**Activity**
Every line of the records below from the line with "-- worker_pool.go, startRequeuers" up to and including the line with "retrier = new_requeuer" must be reproduced exactly, and no line outside that range.

**Information supplied**
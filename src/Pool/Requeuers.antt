-- ===== src/Pool/Requeuers.antt =====
-- worker_pool.go, startRequeuers and workerIDs: what the pool starts beside its workers.
use work.Prelude.{List}
use work.Text.{Text}
use work.Text.Names.{sort_strings}
use work.Keys
use work.Requeuer.{Requeuer, new_requeuer}
use work.Reaper.Timer.{DeadPoolReaper, new_dead_pool_reaper}
use work.Pool.Lifecycle.{WorkerPool, names_of}

pub record Requeuers : Type 0 where
  pub retrier : Requeuer
  pub scheduler : Requeuer
  pub dead_pool_reaper : DeadPoolReaper

unfoldable pub start_requeuers : WorkerPool → Requeuers
unfolding new_requeuer new_dead_pool_reaper
start_requeuers wp =
    let names = names_of wp.job_types in
    record {
      retrier = new_requeuer wp.namespace (Keys.retry wp.namespace) names;
      scheduler = new_requeuer wp.namespace (Keys.scheduled wp.namespace) names;
      dead_pool_reaper = new_dead_pool_reaper wp.namespace names;
    }

-- The ids of the pool's workers, in order.
unfoldable pub sorted_worker_ids : WorkerPool → List Text
unfolding sort_strings
sorted_worker_ids wp = sort_strings wp.worker_ids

**Result of this exercise**
-- worker_pool.go, startRequeuers and workerIDs: what the pool starts beside its workers.
use work.Prelude.{List}
use work.Text.{Text}
use work.Text.Names.{sort_strings}
use work.Keys
use work.Requeuer.{Requeuer, new_requeuer}
use work.Reaper.Timer.{DeadPoolReaper, new_dead_pool_reaper}
use work.Pool.Lifecycle.{WorkerPool, names_of}

pub record Requeuers : Type 0 where
  pub retrier : Requeuer
  pub scheduler : Requeuer
  pub dead_pool_reaper : DeadPoolReaper

unfoldable pub start_requeuers : WorkerPool → Requeuers
unfolding new_requeuer new_dead_pool_reaper
start_requeuers wp =
    let names = names_of wp.job_types in
    record {
      retrier = new_requeuer wp.namespace (Keys.retry wp.namespace) names;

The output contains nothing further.